Madden, L V; Piepho, H-P; Paul, P A.
Afiliação
  • Madden LV; First and third authors: Department of Plant Pathology, Ohio State University, Wooster 44691; second author: Biostatistics Unit, Institute of Crop Science, University of Hohenheim, 70599 Stuttgart, Germany.
  • Piepho HP; First and third authors: Department of Plant Pathology, Ohio State University, Wooster 44691; second author: Biostatistics Unit, Institute of Crop Science, University of Hohenheim, 70599 Stuttgart, Germany.
  • Paul PA; First and third authors: Department of Plant Pathology, Ohio State University, Wooster 44691; second author: Biostatistics Unit, Institute of Crop Science, University of Hohenheim, 70599 Stuttgart, Germany.
Phytopathology ; 106(8): 792-806, 2016 Aug.

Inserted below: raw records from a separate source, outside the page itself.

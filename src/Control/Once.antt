-- ===== src/Control/Once.antt =====
-- What happens once: a cancellation, and the enqueueing of a client event.
use py_coding_agent.Prelude.{
  List, [], ◌∷◌, refl, Option, none, Bool-cases, str_eq, String, true, false, some, ◌≡◌, arith,
  eq_iff, inl, inr,
}
use py_coding_agent.Prelude.Dict.{lookup-insert}
use py_coding_agent.Result.{Result, ok, err}
use py_coding_agent.Control.{
  CancelToken, cancel, Item, QueueKind, Queue, known_event, push, next_item, enqueue, ControlError,
  drain_before_next_request, dequeue_after_turn_end,
}
use py_coding_agent.Control.Fifo.{
  enqueue-ok, Operation, put, drain, dequeue, History, accept, perform, perform_all,
}

-- Cancelling is idempotent: the first request decides, and every later one, whatever its reason,
-- returns False and changes nothing.
pub cancel_once :
    (token : CancelToken) (first second : String)
    → ((cancel token first).0.is_cancelled ≡ true)
      × (cancel (cancel token first).0 second ≡ ((cancel token first).0, false))
      × (((cancel token first).1 ≡ true)
          → (token.is_cancelled ≡ false) × ((cancel token first).0.reason ≡ some first))
unfolding cancel
cancel_once token first second = ground arith

known_again :
    (kind : QueueKind) (q : Queue) (text event id now : String) (item : Item)
    → known_event q (some event) ≡ some item
    → enqueue kind q text (some event) id now ≡ ok (item, q)
unfolding enqueue
known_again kind q text event id now item h = ground arith

known_after_push :
    (q : Queue) (item : Item) (event : String)
    → known_event (push q item (some event)) (some event) ≡ some item
unfolding known_event push
known_after_push q item event = rw lookup-insert (ground (arith, eq_iff event event))

push-known :
    (q : Queue) (added : Item) (given : Option String) (event : String) (item : Item)
    → known_event q given ≡ none
    → known_event q (some event) ≡ some item
    → known_event (push q added given) (some event) ≡ some item
unfolding known_event push
push-known q added none event item new known = known
push-known q added (some e) event item new known = elim (Bool-cases (str_eq e event)) [
  | inl same ↦ absurd (cc ((eq_iff e event).0 same))
  | inr other ↦ rw lookup-insert (ground arith)
]

-- an `enqueue` keeps the item of every client event that it knows
enqueue-known :
    (kind : QueueKind) (q : Queue) (text event : String) (given : Option String) (id now : String)
    (item other : Item) (q' : Queue)
    → enqueue kind q text given id now ≡ ok (other, q')
    → known_event q (some event) ≡ some item
    → known_event q' (some event) ≡ some item
enqueue-known kind q text event given id now item other q' h known =
    elim (enqueue-ok kind q text given id now h) [
      | inl (found, same) ↦ rw same known
      | inr (new, _, room, is, same) ↦
          rw same (push-known q (next_item q text id now) given event item new known)
    ]

accept-known :
    (h : History) (event : String) (given : Option String) (r : Result ControlError (Item × Queue))
    (item : Item)
    → ((other : Item) (q' : Queue) → r ≡ ok (other, q') → known_event q' (some event) ≡ some item)
    → known_event h.queue (some event) ≡ some item
    → known_event (accept h given r).queue (some event) ≡ some item
accept-known h event given (err e) item k known = known
accept-known h event given (ok (other, q')) item k known = k other q' refl

-- no method of the queue forgets a client event
perform-known :
    (kind : QueueKind) (h : History) (op : Operation) (event : String) (item : Item)
    → known_event h.queue (some event) ≡ some item
    → known_event (perform kind h op).queue (some event) ≡ some item
unfolding perform drain_before_next_request dequeue_after_turn_end known_event
perform-known kind h (put text given id now) event item known =
    accept-known h event given (enqueue kind h.queue text given id now) item
      (λ other q' e. enqueue-known kind h.queue text event given id now item other q' e known) known
perform-known kind h drain event item known = known
perform-known kind h dequeue event item known = known

perform_all-known :
    (kind : QueueKind) (h : History) (ops : List Operation) (event : String) (item : Item)
    → known_event h.queue (some event) ≡ some item
    → known_event (perform_all kind h ops).queue (some event) ≡ some item
unfolding perform_all
perform_all-known kind h [] event item known = known
perform_all-known kind h (op ∷ ops) event item known =
    perform_all-known kind (perform kind h op) ops event item
      (perform-known kind h op event item known)

-- A client event is taken once. After an accepted `enqueue` with an event id, whatever the queue is
-- asked to do next, draining included, an `enqueue` with the same id returns the same
-- item and changes nothing, whatever its text, even when the queue is full.
pub enqueue_once :
    (kind : QueueKind) (h : History) (text text' event id id' now now' : String) (item : Item)
    (q' : Queue) (ops : List Operation)
    → enqueue kind h.queue text (some event) id now ≡ ok (item, q')
    → let later = (perform_all kind (perform kind h (put text (some event) id now)) ops).queue in
      enqueue kind later text' (some event) id' now' ≡ ok (item, later)
unfolding perform
enqueue_once kind h text text' event id id' now now' item q' ops e =
    let known : known_event q' (some event) ≡ some item =
      elim (enqueue-ok kind h.queue text (some event) id now e) [
        | inl (known, same) ↦ rw same known
        | inr (new, _, room, is, same) ↦
            rw (same, is) (known_after_push h.queue (next_item h.queue text id now) event)
      ] in
    known_again kind (perform_all kind (perform kind h (put text (some event) id now)) ops).queue
      text' event id' now' item
      (perform_all-known kind (perform kind h (put text (some event) id now)) ops event item
        (rw e known))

Article em En | MEDLINE | ID: mdl-27111798
ABSTRACT
Meta-analysis, the methodology for analyzing the results from multiple independent studies, has grown tremendously in popularity over the last four decades. Although most meta-analyses involve a single effect size (summary result, such as a treatment difference) from each study, there are often multiple treatments of interest across the network of studies in the analysis. Multi-treatment (or network) meta-analysis can be used for simultaneously analyzing the results from all the treatments. However, the methodology is considerably more complicated than for the analysis of a single effect size, and there have not been adequate explanations of the approach for agricultural investigations. We review the methods and models for conducting a network meta-analysis based on frequentist statistical principles, and demonstrate the procedures using a published multi-treatment plant pathology data set. A major advantage of network meta-analysis is that correlations of estimated treatment effects are automatically taken into account when an appropriate model is used. Moreover, treatment comparisons may be possible in a network meta-analysis that are not possible in a single study because all treatments of interest may not be included in any given study. We review several models that consider the study effect as either fixed or random, and show how to interpret model-fitting output. We further show how to model the effect of moderator variables (study-level characteristics) on treatment effects, and present one approach to test for the consistency of treatment effects across the network. Online supplemental files give explanations on fitting the network meta-analytical models using SAS.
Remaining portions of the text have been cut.